File: ai/stories/3.4.story.md

# Story 3.4: Implement Stage Testing Utility for Scraping

**Status:** Draft

## Goal & Context

**User Story:** As a developer, I want a separate script/command to test the article scraping logic using HN story data from local files, allowing independent testing and debugging of the scraper. [267]
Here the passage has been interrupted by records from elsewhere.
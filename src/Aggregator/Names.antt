-- ===== src/Aggregator/Names.antt =====
-- Tool names of crates/scenery-mcp/src/aggregator.rs: `namespace_tool`, `parse_tool_name` and
-- `sanitize_id`. The Unicode tables behind `to_lowercase` and `is_alphanumeric` are parameters.
pub mod RoundTrip
pub mod Sanitize
use Prim.Native.Char.{Char, code}
use Prim.Native.String
use Prim.Native.String.{[], ◌∷◌}
use mathlib.Core.Option
use vectorhawkd.Base.Texts.{trim}
use vectorhawkd.Base.{String, Bool, ◌&&◌, Option, none, some, ◌==◌, eqb, if◌then◌else◌}

-- `format!("{server_id}__{tool_name}")`
unfoldable pub namespace_tool : String → String → String
namespace_tool server_id tool_name = String.◌++◌ server_id (String.◌++◌ "__" tool_name)

abbrev pub is_underscore : Char → Bool
is_underscore c = eqb (code c) b'_'

abbrev pub push_front : Char → String × String → String × String
push_front c (before, after) = (c ∷ before, after)

-- `find("__")`, as what stands before the first separator and after it.
unfoldable pub split_separator : String → Option (String × String)
split_separator [] = none
split_separator (c ∷ []) = none
split_separator (c ∷ (d ∷ s)) =
    let rest = split_separator (d ∷ s) in
    if is_underscore c && is_underscore d then some ("", s) else Option.map (push_front c) rest

abbrev reject_empty : String × String → Option (String × String)
reject_empty (server_id, tool_name) =
    if server_id == "" then none else if tool_name == "" then none else some (server_id, tool_name)

unfoldable pub parse_tool_name : String → Option (String × String)
parse_tool_name namespaced = elim (split_separator namespaced) [
  | none ↦ none
  | some parts ↦ reject_empty parts
]

abbrev pub is_dash : Char → Bool
is_dash c = eqb (code c) b'-'

module _ (is_alphanumeric : Char → Bool) where
  abbrev pub replace_char : Char → Char
  replace_char c = if is_alphanumeric c then c else "-"

  unfoldable pub replace_chars : String → String
  replace_chars [] = []
  replace_chars (c ∷ s) = replace_char c ∷ replace_chars s

-- `name.to_lowercase().chars().map(…).collect()`, then `trim_matches('-')`
unfoldable pub sanitize_id : (String → String) → (Char → Bool) → String → String
sanitize_id to_lowercase is_alphanumeric name =
    trim is_dash (replace_chars is_alphanumeric (to_lowercase name))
**Context:** This story implements the standalone stage testing utility for Epic 3, as required by the PRD [736, 764]. It creates `src/stages/scrape_articles.ts`, which reads story data (specifically URLs) from the `{storyId}_data.json` files generated in Epic 2 (or by `stage:fetch`), calls the `scrapeArticle` function (from Story 3.1) for each URL, and persists any successfully scraped text to `{storyId}_article.txt` files (replicating Story 3.3 logic). This allows testing the scraping functionality against real websites using previously fetched story lists, without running the full pipeline or the HN fetching stage. [57, 63, 820, 912, 930]

## Detailed Requirements

- Create a new standalone script file: `src/stages/scrape_articles.ts`. [268]
- Import necessary modules: `fs` (e.g., `readdirSync`, `readFileSync`, `writeFileSync`, `existsSync`, `statSync`), `path`, `logger` (Story 1.4), `config` (Story 1.2), `scrapeArticle` (Story 3.1), date util (Story 1.4). [269]
- The script should:
  - Initialize the logger. [270]
  - Load configuration (to get `OUTPUT_DIR_PATH`). [271]
  - Determine the target date-stamped directory path (e.g., using current date via date util, or potentially allow override via CLI arg later - current date default is fine for now). [271] Ensure this base output directory exists. Log the target directory.
  - Check if the target date-stamped directory exists. If not, log an error and exit ("Directory {path} not found. Run fetch stage first?").
  - Read the directory contents and identify all files ending with `_data.json`. [272] Use `fs.readdirSync` and filter.
  - For each `_data.json` file found:
    - Construct the full path and read its content using `fs.readFileSync`. [273]
    - Parse the JSON content. Handle potential parse errors gracefully (log error, skip file). [273]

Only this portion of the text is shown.